Dataset entries
--- START ---

-- ===== src/Cash/Funds/Guards.antt =====
-- What protects a fund that other records rely on.
use coffee_shop_be.Prelude.{
  ℕ, ◌≡◌, refl, true, false, Option, none, some, arith, ◌∷◌, contains, ◌||◌, ◌&&◌, List, [],
  Bool-cases, ◌==◌, inl, inr,
}
use coffee_shop_be.Prelude.Int.{pos, eqb_ℤ→eq, eqb_ℤ}
use coffee_shop_be.Prelude.Table.{find, update, find-update_self}
use coffee_shop_be.Prelude.Http.{ok}
use coffee_shop_be.Cash.Types.{Fund, FundType, Db}
use coffee_shop_be.Cash.Access.{find_fund, find_active_fund, has_open_shift}
use coffee_shop_be.Cash.Ledger.{basis, balance_of}
use coffee_shop_be.Cash.Funds.{update_fund, remove_fund, changes_type, or_old, has_pending_handover}

-- Balances do not change where rows are rewritten that keep them.
balance_of-keep :
    (k id : ℕ) (g : Fund → Fund) (funds : List Fund)
    → ((f : Fund) → (g f).id ≡ f.id)
    → ((f : Fund) → (g f).balance ≡ f.balance)
    → balance_of k (update (λ f. f.id) id g funds) ≡ balance_of k funds
unfolding balance_of update find
balance_of-keep k id g [] keys same = refl
balance_of-keep k id g (f ∷ funds) keys same = elim (Bool-cases (f.id == id)) [
  | inl hit ↦ rw hit (elim (Bool-cases (f.id == k)) [
    | inl e ↦ rw (keys f, e) (same f)
    | inr e ↦ rw (keys f, e) refl
  ])
  | inr miss ↦ rw miss (elim (Bool-cases (f.id == k)) [
    | inl e ↦ rw e refl
    | inr e ↦ rw e (balance_of-keep k id g funds keys same)
  ])
]

abbrev mark_deleted : Fund → Fund
mark_deleted f = record f { deleted = true }

remove_fund_guards :
    (db : Db) (id employee : ℕ) {f : Fund} {db' : Db}
    → find_fund db id ≡ some f
    → remove_fund db id employee ≡ ok db'
    → (f.deleted ≡ false)
      × (eqb_ℤ f.balance (pos 0) ≡ true)
      × (has_open_shift db id ≡ false)
      × (has_pending_handover db id ≡ false)
      × (db'.funds ≡ update (λ f. f.id) id mark_deleted db.funds)
      × (db'.transactions ≡ db.transactions)
unfolding remove_fund find_fund
remove_fund_guards db id employee found e = ground arith

gone :
    (db' : Db) (id : ℕ) (funds : List Fund) (f : Fund)
    → db'.funds ≡ update (λ f. f.id) id mark_deleted funds
    → find (λ f. f.id) id (update (λ f. f.id) id mark_deleted funds) ≡ some (mark_deleted f)
    → find_active_fund db' id ≡ none
unfolding find_active_fund find_fund
gone db' id funds f p q = ground arith

-- A deleted fund was active and empty, with no open shift and no pending handover; it can no
-- longer be found, and its ledger is as it was.
pub remove_fund_lem :
    (db : Db) (id employee : ℕ) {f : Fund} {db' : Db}
    → find_fund db id ≡ some f
    → remove_fund db id employee ≡ ok db'
    → (f.deleted ≡ false)
      × (f.balance ≡ pos 0)
      × (has_open_shift db id ≡ false)
      × (has_pending_handover db id ≡ false)
      × (find_active_fund db' id ≡ none)
      × ((k : ℕ) → basis k db' ≡ basis k db)
unfolding find_active_fund find_fund basis
remove_fund_lem db id employee {f} {db'} found e =
    let (active, empty, idle, settled, funds, entries) =
      remove_fund_guards db id employee {f = f} found e in
    (
      active,
      eqb_ℤ→eq f.balance (pos 0) empty,
      idle,
      settled,
      gone db' id db.funds f funds
          (find-update_self (λ f. f.id) id mark_deleted {s = f} db.funds (λ r. refl) found),
      λ k.
          rw (funds, entries, balance_of-keep k id mark_deleted db.funds (λ r. refl) (λ r. refl))
            refl,
    )

abbrev rewrite_fund : Option ℕ → Option FundType → Fund → Fund
rewrite_fund name fund_type f = record f {
  name = or_old name f.name;
  fund_type = or_old fund_type f.fund_type;
}

update_fund_guards :
    (normalised : ℕ → ℕ) (db : Db) (id employee : ℕ) (name : Option ℕ) (fund_type : Option FundType)
    {f : Fund} {db' : Db}
    → find_fund db id ≡ some f
    → update_fund normalised db id employee name fund_type ≡ ok db'
    → (f.deleted ≡ false)
      × ((changes_type f fund_type
            && (contains id db.imported_funds
                || has_pending_handover db id
                || has_open_shift db id))
          ≡ false)
      × (db'.funds ≡ update (λ f. f.id) id (rewrite_fund name fund_type) db.funds)
      × (db'.transactions ≡ db.transactions)
unfolding update_fund find_fund
update_fund_guards normalised db id employee name fund_type found e = ground arith

-- The type after an update, where the update does not change it.
kept_type :
    (f : Fund) (t : Option FundType) → changes_type f t ≡ false → or_old t f.fund_type ≡ f.fund_type
kept_type f none h = refl
kept_type f (some t) h = ground arith

-- An update moves no money; and a fund that a bank statement, a pending handover or an open shift
-- relies on keeps its type.
pub update_fund_lem :
    (normalised : ℕ → ℕ) (db : Db) (id employee : ℕ) (name : Option ℕ) (fund_type : Option FundType)
    {f : Fund} {db' : Db}
    → find_fund db id ≡ some f
    → update_fund normalised db id employee name fund_type ≡ ok db'
    → ((k : ℕ) → (balance_of k db'.funds ≡ balance_of k db.funds) × (basis k db' ≡ basis k db))
      × ((contains id db.imported_funds || has_pending_handover db id || has_open_shift db id)
            ≡ true
          → (f' : Fund) × (find_fund db' id ≡ some f') × (f'.fund_type ≡ f.fund_type))
unfolding find_fund basis
update_fund_lem normalised db id employee name fund_type {f} found e =
    let (active, fixed, funds, entries) =
      update_fund_guards normalised db id employee name fund_type {f = f} found e in
    let g = rewrite_fund name fund_type in
    (
      (λ k. (
        rw funds (balance_of-keep k id g db.funds (λ r. refl) (λ r. refl)),
        rw (funds, entries, balance_of-keep k id g db.funds (λ r. refl) (λ r. refl)) refl,
      )),
      λ relied. (
        g f,
        rw funds (find-update_self (λ f. f.id) id g {s = f} db.funds (λ r. refl) found),
        kept_type f fund_type (ground arith),
      ),
    )
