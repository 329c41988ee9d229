-- ===== src/Lib.antt =====
-- A verification library for openbao-cloud-creds, the OpenBao secrets engines that mint short-lived cloud
-- credentials.
--
-- Every engine (plugins/credential-*) is built on the shared packages under pkg/. These packages are
-- modelled, and two of the engines on them: that of Vultr, which mints a user for each request, and that
-- of OCI, which rotates a few tokens by schedule and serves the freshest one; and of that of Exoscale
-- how it sweeps the minters that were rotated out. A request names a role. The engine checks the caller
-- against it (pkg/lineage, pkg/requester), orders the minters (pkg/minteraffinity), and asks the first
-- one that its state machine lets through (pkg/recovery) and that has room (pkg/mintercapacity) for a
-- credential whose name carries the mount's tag (pkg/ownertag). The answer of the cloud is classified
-- (pkg/credenvelope/errors.go) and fed back to the state machine. A credential is noted in the mint
-- ledger (pkg/mintledger), recorded in the mount's storage, and returned in an envelope
-- (pkg/credenvelope/envelope.go). In the background the reconciler (pkg/reconciler) deletes upstream
-- entities that no record tracks, pkg/localexpiry removes records whose credential has expired, and a
-- purge (pkg/upstreampurge) deletes what a role has issued. A configuration write first probes the
-- minters it binds (pkg/capability), through the same state machines. The background work is done by
-- workers (pkg/worker).
--
-- Parts:
--   Base         shared names, Boolean tests, texts as lists of bytes, sorting; Base/Maps has maps with a
--                text as key, and Base/Decimal what `strconv` does with decimal integers.
--   Storage      `logical.Storage` as an interface with its laws; Storage/Memory meets them.
--   Errors       pkg/credenvelope/errors.go: `classify_transport`, `classify_upstream` and `classify` for
--                ClassifyTransport, ClassifyUpstream and Classify, `code_of`, `response_for`. An error
--                is the chain of links that errors.As and errors.Is look for.
--   Recovery     pkg/recovery/state.go and ratelimit.go: the state machine of a minter. One function
--                per critical section: `record_success`, `record_error`, `strike`, `release_probe`,
--                `record_missing`, `try_acquire`; an interleaving of callers is a list of these.
--   Reconciler   pkg/reconciler/reconciler.go: `run` for Run, one entity at a time by `visit`.
--   Purge        pkg/upstreampurge/upstreampurge.go: `scan` and `pass` for Scan and Pass. Purge/Intents
--                is intent.go (`arm`, `advance`, `progress`) with SaveIntent and LoadIntent, and
--                Purge/Endpoint is endpoint.go (`write`, `read`, `sweep`).
--   Ownership    pkg/ownertag/ownertag.go: `fit_name`, `credential_name`, `owns`, `instance_id`.
--   Caller       Caller/Lineage is pkg/lineage/lineage.go, Caller/Requester is pkg/requester/requester.go.
--   Capability   pkg/capability/capability.go: `dedupe`, `roles_bound_to`, and in Capability/Probes
--                `verify` for Runner.Verify; Capability/Cache is cache.go, Capability/Limiter is
--                limiter.go, Capability/Gate is gate.go.
--   Expiry       pkg/localexpiry/localexpiry.go.
--   Capacity     pkg/mintercapacity/mintercapacity.go.
--   Affinity     pkg/minteraffinity/affinity.go: `order` for Order.
--   Issued       pkg/issuedlist/issuedlist.go: `list_issued` for the list handler, one prefix at a time by
--                `read_prefixes`; `show_cursor` and `parse_cursor` for String and parseCursor.
--   Minters      pkg/cloudconfig/minter.go, owned.go, role.go and schema.go: what a configuration write
--                accepts and keeps. Minters/Owned has `minter_upstream_ids` for MinterUpstreamIDs, which
--                the registries of the engines hand to the reconciler.
--   Envelope     pkg/credenvelope/kind.go and envelope.go: the kinds of credentials and scopes, and
--                `new_envelope` and `to_map` for NewEnvelope and ToMap.
--   Ledger       pkg/mintledger/mintledger.go: `note_mint`, `created_at` and `prune` for Record, CreatedAt and
--                Prune.
--   Worker       pkg/worker/worker.go: `run` and `invoke`, a goroutine as a function of what its selects
--                receive.
--   Vultr        plugins/credential-vultr: what the engine keeps in memory and in storage, and the calls that
--                it makes. Vultr/Pool is the selection of a minter, Vultr/Creds path_creds.go
--                (`creds_read`, `creds_revoke`), Vultr/Sets path_minter_sets.go (`minter_set_write`,
--                `load_minter_set`), Vultr/Roles path_roles.go (`role_write`) and Vultr/Reclaim
--                path_reconcile.go and the registry and the lister (`path_reconcile`). Vultr/Operation
--                has the handlers as steps, in any order.
--   Oci          plugins/credential-oci: Oci/Slots is slots.go and the rotation of workers.go
--                (`initialize_slots`, `rotate_slot`, `freshest_slot`), Oci/Creds is path_creds.go
--                (`creds_read`).
--   Totp         pkg/totp: `code` for Code, and `parse_seed` for ParseSeed.
--   Exoscale     plugins/credential-exoscale/minter_retire.go: `sweep_retired_minters` for
--                sweepRetiredMinters, one set at a time by `sweep_set`.
--
-- What comes from outside is an argument: the storage, the answers of the cloud (which may depend on all the
-- calls before), the clock, the random draws, the SHA-256 digest, and OpenBao's view of its
-- entities. Storage is used through named laws: a read that succeeds tells the content, a write that
-- succeeds changes its key alone. Any call of it may fail. An engine is handed a world, which is its memory,
-- its storage and the list of the calls that it has made to the cloud, and an environment,
-- which answers each call by that list.
--
-- Times and durations are natural numbers of nanoseconds, and the zero time is 0. A request reads the clock
-- once. The ledger, the records and the passwords of Totp count seconds since 1970, as the source does; the
-- ledger's are turned into such times. Times before the epoch and wrap-around of 64-bit durations and of the
-- seconds of a garbage ledger entry are not modelled, nor is what encoding/json does to invalid UTF-8
-- or to years above 9999. Every loop runs over a list or counts down a number and is structural
-- recursion. One function has fuel: the digits of a number n are written with n + 1, which is
-- enough, as n / 10 is below n unless n is 0.
-- Sorting is by insertion, which on a total order gives the list that any sort gives.
--
-- Not modelled: the engines of the other seven clouds, and of Exoscale's all but the sweep, as their own
-- code is mostly the requests of one cloud's API; of the engines of Vultr and OCI the configuration
-- endpoints, the assembly of probes and the purge endpoint's registry, and of OCI's also the roles,
-- minter sets and reconciler; the manager of pkg/worker; pkg/cloudhttp and pkg/telemetry, which only
-- call libraries; pkg/upstreamquota, pkg/clusterrole and the configuration endpoints of pkg/cloudconfig,
-- which are not covered; the test harnesses; log lines and the wording of error messages. Of white
-- space, what needs more than one byte is left out.
pub mod Base
pub mod Errors
pub mod Recovery
pub mod Reconciler
pub mod Storage
pub mod Purge
pub mod Ownership
pub mod Caller
pub mod Capability
pub mod Expiry
pub mod Capacity
pub mod Minters
pub mod Affinity
pub mod Issued
pub mod Envelope
pub mod Ledger
pub mod Vultr
pub mod Oci
pub mod Worker
pub mod Exoscale
pub mod Totp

--- END ---

▸ **Work required**
Write down again, exactly as given, only the lines above that fall from the line with "for MinterUpstreamIDs, which" to the line with "to the reconciler.", inclusive.

▸ **Output of the task**
--                accepts and keeps. Minters/Owned has `minter_upstream_ids` for MinterUpstreamIDs, which
--                the registries of the engines hand to the reconciler.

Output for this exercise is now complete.